第273回 恩地孝四郎展
会期=2016年2月6日[土]―2月20日[土] 12:00-19:00
※会期中無休
1891(明治24)年東京に生まれた恩地孝四郎は、日本創作版画協会(1918年)、日本版画協会(1931年)、日本版画奉公会(1943年)の創立に参加、国画会版画部に属し、戦後の日本版画協会再建(1946年)にあたっても中心的な役割を果たした文字とおり近代日本の版画の代表作家であり、指導者でした。
のみならず日本における抽象表現の先駆として世界的なレベルでの多くの作品を残した恩地は、 「色と形を以つて、心を表現するのが、本来美術の純粋形態である筈だ。それが、美術は形を模さねばならぬものといつのまにか定められて了つてゐる。(中略)凡そ、知解にうつたへる芸術ほど下等なものはないのだ。すべての中間作品、通俗作品がそれである」(版芸術1932年 4月創刊号)と鋭く指摘したように、版画とか油彩とかの表現手段を超えて明確に自己の目指すものをつかみ、またそれを様々な材料と技法を使い表現することができた稀有な作家でした。
昨年は没後60年ということもあり、雑誌『月映』を記念した展覧会など、恩地孝四郎展がいくつも開催されました。さらに今年の1月13日からはホノルル美術館など海外から60点もの作品を集めた大回顧展が東京国立近代美術館で始まりました。
ときの忘れものでは、木版画を中心に水彩、素描など約20点をご覧いただきます。
●イベントのご案内
2月12日(金)18時より西山純子さん(千葉市美術館主任学芸員)を講師に迎えてギャラリートークを開催します(要予約/参加費1,000円)。

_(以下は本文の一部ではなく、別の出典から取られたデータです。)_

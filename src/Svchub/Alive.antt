-- ===== src/Svchub/Alive.antt =====
-- `nalive` counts the live services: the count, with one service left out and with it.
pub mod Steps
pub mod Death
pub mod Idle
pub mod Start
use minibase.Base.{
  ℕ, zero, suc, ◌+◌, ◌<◌, ◌≡◌, ◌≢◌, refl, sym, ap, ◌∙◌, Bool, true, false, not, ◌&&◌, List, [], ◌∷◌,
  arith, ◌==◌, if◌then◌else◌, get_or, get_or-set_self, set, length, length-set,
}
use minibase.Base.Int.{pos, succ_ℤ}
use minibase.Svchub.State.{Flags, Proc, blank_proc, Action, Top, logged, proc_at, put_proc}

-- with a process, and not with an exit status
abbrev pub has_process : Proc → Bool
has_process p = not (p.pid == 0) && not p.flags.status

abbrev pub one_if : Bool → ℕ
one_if b = if b then 1 else 0

abbrev pub count_alive : List Proc → ℕ
count_alive [] = 0
count_alive (p ∷ ps) = one_if (has_process p) + count_alive ps

-- `nalive` is the number of services with a process.
abbrev pub Counted : Top → Type 0
Counted c = c.nalive ≡ pos (count_alive c.procs)

pub set-set : (ps : List Proc) (i : ℕ) (p q : Proc) → set (set ps i p) i q ≡ set ps i q
set-set [] i p q = refl
set-set (r ∷ ps) zero p q = refl
set-set (r ∷ ps) (suc i) p q = ap (◌∷◌ r) (set-set ps i p q)

pub set-get_or : (ps : List Proc) (i : ℕ) → set ps i (get_or ps i blank_proc) ≡ ps
set-get_or [] i = refl
set-get_or (r ∷ ps) zero = refl
set-get_or (r ∷ ps) (suc i) = ap (◌∷◌ r) (set-get_or ps i)

pub count_alive-set :
    (ps : List Proc) (i : ℕ) (p : Proc)
    → i < length ps
    → count_alive (set ps i p) ≡ one_if (has_process p) + count_alive (set ps i blank_proc)
count_alive-set [] i p h = absurd (omega arith)
count_alive-set (r ∷ ps) zero p h = omega arith
count_alive-set (r ∷ ps) (suc i) p h = omega (arith, count_alive-set ps i p (omega arith))

-- All services but the one at `i`, which has the flags `f`, are counted.
pub record Others (i : ℕ) (f : Flags) (c : Top) : Type 0 where
  pub valid : i < length c.procs
  pub counted : c.nalive ≡ pos (count_alive (set c.procs i blank_proc))
  pub flags_same : (proc_at c i).flags ≡ f

pub logged-Others :
    (c : Top) (i : ℕ) (f : Flags) (a : Action) → Others i f c → Others i f (logged c a)
logged-Others c i f a h = record { valid = h.valid; counted = h.counted; flags_same = h.flags_same }

pub put-Others :
    (c : Top) (i : ℕ) (f : Flags) (p : Proc)
    → Others i f c
    → p.flags ≡ f
    → Others i f (put_proc c i p)
put-Others c i f p h e = record {
  valid = omega (arith, length-set c.procs i p, h.valid);
  counted = h.counted ∙ ap (λ ps. pos (count_alive ps)) (sym (set-set c.procs i p blank_proc));
  flags_same = ap (λ q. q.flags) (get_or-set_self c.procs i p blank_proc h.valid) ∙ e;
}

-- without a process at `i`, these are all
pub without-Counted :
    (c : Top) (i : ℕ) (f : Flags) (p : Proc)
    → Others i f c
    → has_process p ≡ false
    → Counted (put_proc c i p)
without-Counted c i f p h dead =
    h.counted
    ∙ ap pos (
        sym (
          count_alive-set c.procs i p h.valid
          ∙ ap (λ b. one_if b + count_alive (set c.procs i blank_proc)) dead
          ∙ omega arith))

-- the one at `i` is counted in again
pub with-Counted :
    (c : Top) (i : ℕ) (f : Flags) (pid : ℕ) (log : List Action)
    → Others i f c
    → f.status ≡ false
    → pid ≢ 0
    → Counted (record c {
      procs = set c.procs i (record (proc_at c i) { pid = pid });
      nalive = succ_ℤ c.nalive;
      log = log;
    })
with-Counted c i f pid log h on ne =
    let p = record (proc_at c i) { pid = pid } in
    let on_now : p.flags.status ≡ false = ap (λ g. g.status) h.flags_same ∙ on in
    let alive : has_process p ≡ true = ground arith in
    let one_more : suc (count_alive (set c.procs i blank_proc)) ≡ count_alive (set c.procs i p) =
      omega (arith, count_alive-set c.procs i p h.valid, ap one_if alive) in
    ap succ_ℤ h.counted ∙ ap pos one_more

※必ず「件名」「お名前」「連絡先(住所)」を明記の上、メールにてお申込ください。
E-mail:
info@tokinowasuremono.com
■恩地孝四郎 Koshiro ONCHI(1891-1955)
1891年東京生まれ。竹久夢二に感化を受ける。東京美術学校で洋画・彫刻を学ぶが中退。藤森静雄・田中恭吉と[月映]を刊行。萩原朔太郎の詩集『月に吠える』の装幀と挿画を担当、28年『北原白秋全集』の装幀で装本家の地位を確立。抽象画の先駆者、また日本の版画界のリーダーとして大きな足跡を残した。『飛行官能』『海の童話』『博物誌』『虫・魚・介』など優れた自作装画本を刊行した。1955年永逝(享年63)。
繊細でシャープな抽象作品の数々が、創作版画のみならず日本における抽象表現の先駆として高く評価されている恩地孝四郎ですが、94年に横浜美術館で開催された回顧展では、初期から晩期にいたる版画作品をはじめ、本の装幀、オブジェ、写真作品などが網羅され、この画家の才能がいかに時代に先駆けていたかを改めて再認識させるものでした。